▸ ASSIGNED TASK: Copy each line below in which the word "arith" occurs.

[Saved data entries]
◆ ◆ ◆ ◆ ◆

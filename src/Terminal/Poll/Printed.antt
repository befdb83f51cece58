-- ===== src/Terminal/Poll/Printed.antt =====
-- crates/zyris-capkit/src/terminal/mod.rs: all that the attempts of a poll print, against what it keeps.
use zyris_protocol.Prelude.{
  ℕ, zero, suc, ◌+◌, ◌-◌, ◌/◌, ◌<◌, min, ◌≡◌, refl, sym, ap, ◌∙◌, subst, Bool, true, false, Option,
  none, some, List, [], ◌∷◌, ◌++◌, arith, leb, if◌then◌else◌, codes, length, length-append,
  length-drop, if-cases,
}
use zyris_protocol.Prelude.Int.{ℤ}
use zyris_protocol.Terminal.Exec.{Chars, push_capped}
use zyris_protocol.Terminal.Poll.{
  poll_loop, ExecOutput, Attempt, ran, broken, Polling, Condition, keep_attempt, heading, body_of,
  poll_accumulated_cap,
}
use zyris_protocol.Terminal.Exec.Tails.{take_tail_lem, push_capped-take_tail}
use zyris_protocol.Terminal.Poll.Ends.{
  SameEnd, SameEnd-same, SameEnd-trans, SameEnd-append, SameEnd-push_capped, SameEnd-body_of,
  ended_line,
}
use mathlib.Core.List.{append-nil, append_assoc}

joined : List Chars → Chars
joined [] = []
joined (t ∷ ts) = t ++ joined ts

-- The title of the n-th attempt, which ended at that millisecond.
unfoldable pub title : (ℕ → Chars) → (ℤ → Chars) → ℕ → ℕ → ExecOutput → Chars
unfolding joined
title digits signed n end out = joined (
    codes "--- attempt "
    ∷ digits n
    ∷ codes "  t="
    ∷ digits (end / 1000)
    ∷ codes "s  exit "
    ∷ signed out.exit_code
    ∷ (if out.timed_out then codes "  timed out ---" else codes " ---")
    ∷ (10 ∷ [])
    ∷ [])

-- All that so many attempts print from the time `now` on, when `before` were made: each its title,
-- its whole standard output, then its whole standard error, and a line feed if there is none.
unfoldable pub transcript :
    (ℕ → Chars) → (ℤ → Chars) → ℕ → ℕ → (ℕ → ℕ → Attempt) → ℕ → ℕ → ℕ → Chars
unfolding title ended_line
transcript digits signed interval budget run zero now before = []
transcript digits signed interval budget run (suc attempts) now before =
    elim (run (before + 1) (budget - now)) [
      | broken ↦ []
      | ran out took ↦
          let end = now + took in
          title digits signed (before + 1) end out
          ++ (ended_line (out.stdout ++ out.stderr)
              ++ transcript digits signed interval budget run attempts
                  (end + min interval (budget - end)) (before + 1))
    ]

module _ (digits : ℕ → Chars) (signed : ℤ → Chars) where
  heading_lem :
      (n end : ℕ) (out : ExecOutput)
      → heading digits signed n end out ≡ title digits signed n end out
  unfolding heading title
  heading_lem n end out =
      ap
        (λ t.
          codes "--- attempt "
          ++ (digits n
              ++ (codes "  t="
                  ++ (digits (end / 1000) ++ (codes "s  exit " ++ (signed out.exit_code ++ t))))))
        (last out.timed_out)
    where
      last :
          (b : Bool)
          → (if b then codes "  timed out" else []) ++ (codes " ---" ++ (10 ∷ []))
            ≡ (if b then codes "  timed out ---" else codes " ---") ++ ((10 ∷ []) ++ [])
      last true = refl
      last false = refl

  -- What is kept of an attempt ends as all that it prints, behind what was kept before.
  keep_attempt-SameEnd :
      (condition : Condition) (p : Polling) (out : ExecOutput) (took : ℕ)
      → SameEnd (keep_attempt digits signed condition p out took).accumulated (
          p.accumulated
          ++ (title digits signed (p.attempts + 1) (p.now + took) out
              ++ ended_line (out.stdout ++ out.stderr)))
  unfolding keep_attempt
  keep_attempt-SameEnd condition p out took =
      subst
        (λ h.
          SameEnd (keep_attempt digits signed condition p out took).accumulated
            (p.accumulated ++ (h ++ ended_line (out.stdout ++ out.stderr))))
        (heading_lem (p.attempts + 1) (p.now + took) out)
        (behind p.accumulated (heading digits signed (p.attempts + 1) (p.now + took) out)
          (omega arith))
    where
      behind :
          (a h : Chars)
          → 0 < length h
          → SameEnd
              (push_capped
                (push_capped a h poll_accumulated_cap).0
                (body_of out)
                poll_accumulated_cap).0
              (a ++ (h ++ ended_line (out.stdout ++ out.stderr)))
      behind a h one =
          let headed = (push_capped a h poll_accumulated_cap).0 in
          let line = ended_line (out.stdout ++ out.stderr) in
          let some_there : 0 < length headed = omega (
            arith,
            ap length (push_capped-take_tail a h poll_accumulated_cap),
            ap length (take_tail_lem (a ++ h) poll_accumulated_cap),
            length-drop (length (a ++ h) - poll_accumulated_cap) (a ++ h),
            length-append a h,
            one,
          ) in
          SameEnd-trans _ (headed ++ body_of out) _ (SameEnd-push_capped headed (body_of out)) (
            SameEnd-trans _ (headed ++ line) _ (SameEnd-body_of headed out some_there) (
              SameEnd-trans _ ((a ++ h) ++ line) _
                (SameEnd-append headed (a ++ h) line (SameEnd-push_capped a h))
                (SameEnd-same _ _ (append_assoc a h line))))

  module _ (condition : Condition) (interval budget : ℕ) (run : ℕ → ℕ → Attempt) where
    -- The attempts that a loop makes from `p` on, and what they add.
    unfoldable pub Printed : Polling → Option (Option Polling) → Type 0
    Printed p none = Unit {0}
    Printed p (some none) = Unit {0}
    Printed p (some (some q)) =
        (k : ℕ) × ((q.attempts ≡ p.attempts + k)
          × SameEnd q.accumulated
              (p.accumulated ++ transcript digits signed interval budget run k p.now p.attempts))

    transcript-suc :
        (k now before took : ℕ) (out : ExecOutput)
        → run (before + 1) (budget - now) ≡ ran out took
        → transcript digits signed interval budget run (suc k) now before
          ≡ title digits signed (before + 1) (now + took) out
            ++ (ended_line (out.stdout ++ out.stderr)
                ++ transcript digits signed interval budget run k
                    (now + took + min interval (budget - (now + took)))
                    (before + 1))
    unfolding transcript
    transcript-suc k now before took out e =
        ap
          (λ a. elim a as (λ _. Chars) [
            | broken ↦ []
            | ran out took ↦
                let end = now + took in
                title digits signed (before + 1) end out
                ++ (ended_line (out.stdout ++ out.stderr)
                    ++ transcript digits signed interval budget run k
                        (end + min interval (budget - end)) (before + 1))
          ])
          e

    -- One attempt, and those behind it.
    later :
        (p : Polling) (out : ExecOutput) (took k : ℕ) (b : Chars)
        → run (p.attempts + 1) (budget - p.now) ≡ ran out took
        → SameEnd b (
            (keep_attempt digits signed condition p out took).accumulated
            ++ transcript digits signed interval budget run k
                (p.now + took + min interval (budget - (p.now + took)))
                (p.attempts + 1))
        → SameEnd b
            (p.accumulated ++ transcript digits signed interval budget run (suc k) p.now p.attempts)
    later p out took k b e h =
        let t = title digits signed (p.attempts + 1) (p.now + took) out in
        let line = ended_line (out.stdout ++ out.stderr) in
        let rest =
          transcript digits signed interval budget run k
            (p.now + took + min interval (budget - (p.now + took))) (p.attempts + 1) in
        SameEnd-trans b _ _ h (
          SameEnd-trans _ ((p.accumulated ++ (t ++ line)) ++ rest) _
            (SameEnd-append _ (p.accumulated ++ (t ++ line)) rest
              (keep_attempt-SameEnd condition p out took))
            (SameEnd-same _ _ (
              append_assoc p.accumulated (t ++ line) rest
              ∙ ap (λ u. p.accumulated ++ u)
                  (append_assoc t line rest ∙ sym (transcript-suc k p.now p.attempts took out e)))))

    ended :
        (p : Polling) (out : ExecOutput) (took : ℕ)
        → run (p.attempts + 1) (budget - p.now) ≡ ran out took
        → Printed p (some (some (keep_attempt digits signed condition p out took)))
    unfolding Printed transcript keep_attempt
    ended p out took e = (
      1,
      (
        refl,
        later p out took 0 _ e (
            SameEnd-same _ _
              (sym (append-nil (keep_attempt digits signed condition p out took).accumulated))),
      ),
    )

    unfoldable next_of : Polling → ExecOutput → ℕ → Polling
    unfolding keep_attempt
    next_of p out took =
        let q = keep_attempt digits signed condition p out took in
        record q { now = q.now + min interval (budget - q.now) }

    onward :
        (p : Polling) (out : ExecOutput) (took : ℕ) (o : Option (Option Polling))
        → run (p.attempts + 1) (budget - p.now) ≡ ran out took
        → Printed (next_of p out took) o
        → Printed p o
    unfolding Printed next_of keep_attempt
    onward p out took none e h = tt
    onward p out took (some none) e h = tt
    onward p out took (some (some q)) e (k, (a, h)) =
        (suc k, (omega (arith, a), later p out took k q.accumulated e h))

    pub poll_loop-Printed :
        (fuel : ℕ) (p : Polling)
        → Printed p (poll_loop digits signed condition interval budget run fuel p)
    unfolding Printed poll_loop transcript next_of keep_attempt
    poll_loop-Printed zero p = tt
    poll_loop-Printed (suc fuel) p =
        if-cases (Printed p) (leb budget p.now)
          (λ spent. (0, (omega arith, SameEnd-same _ _ (sym (append-nil p.accumulated)))))
          (λ left. attempted (poll_loop-Printed fuel) (run (p.attempts + 1) (budget - p.now)) refl)
      where
        attempted :
            ((q : Polling)
              → Printed q (poll_loop digits signed condition interval budget run fuel q))
            → (a : Attempt) → run (p.attempts + 1) (budget - p.now) ≡ a
            → Printed p (elim a [
              | broken ↦ some none
              | ran out took ↦
                  let q = keep_attempt digits signed condition p out took in
                  let rest =
                    poll_loop digits signed condition interval budget run fuel
                      (next_of p out took) in
                  if q.met then some (some q) else if leb budget q.now then some (some q) else rest
            ])
        attempted on broken e = tt
        attempted on (ran out took) e =
            if-cases (Printed p) (keep_attempt digits signed condition p out took).met
              (λ m. ended p out took e)
              (λ unmet.
                if-cases (Printed p) (leb budget (p.now + took)) (λ spent. ended p out took e)
                  (λ over.
                    onward p out took
                      (poll_loop digits signed condition interval budget run fuel
                        (next_of p out took))
                      e (on (next_of p out took))))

◆ ◆ ◆ ◆ ◆

▸ TASK SOLUTION:
  none, some, List, [], ◌∷◌, ◌++◌, arith, leb, if◌then◌else◌, codes, length, length-append,
          (omega arith))
            arith,
        (suc k, (omega (arith, a), later p out took k q.accumulated e h))
          (λ spent. (0, (omega arith, SameEnd-same _ _ (sym (append-nil p.accumulated)))))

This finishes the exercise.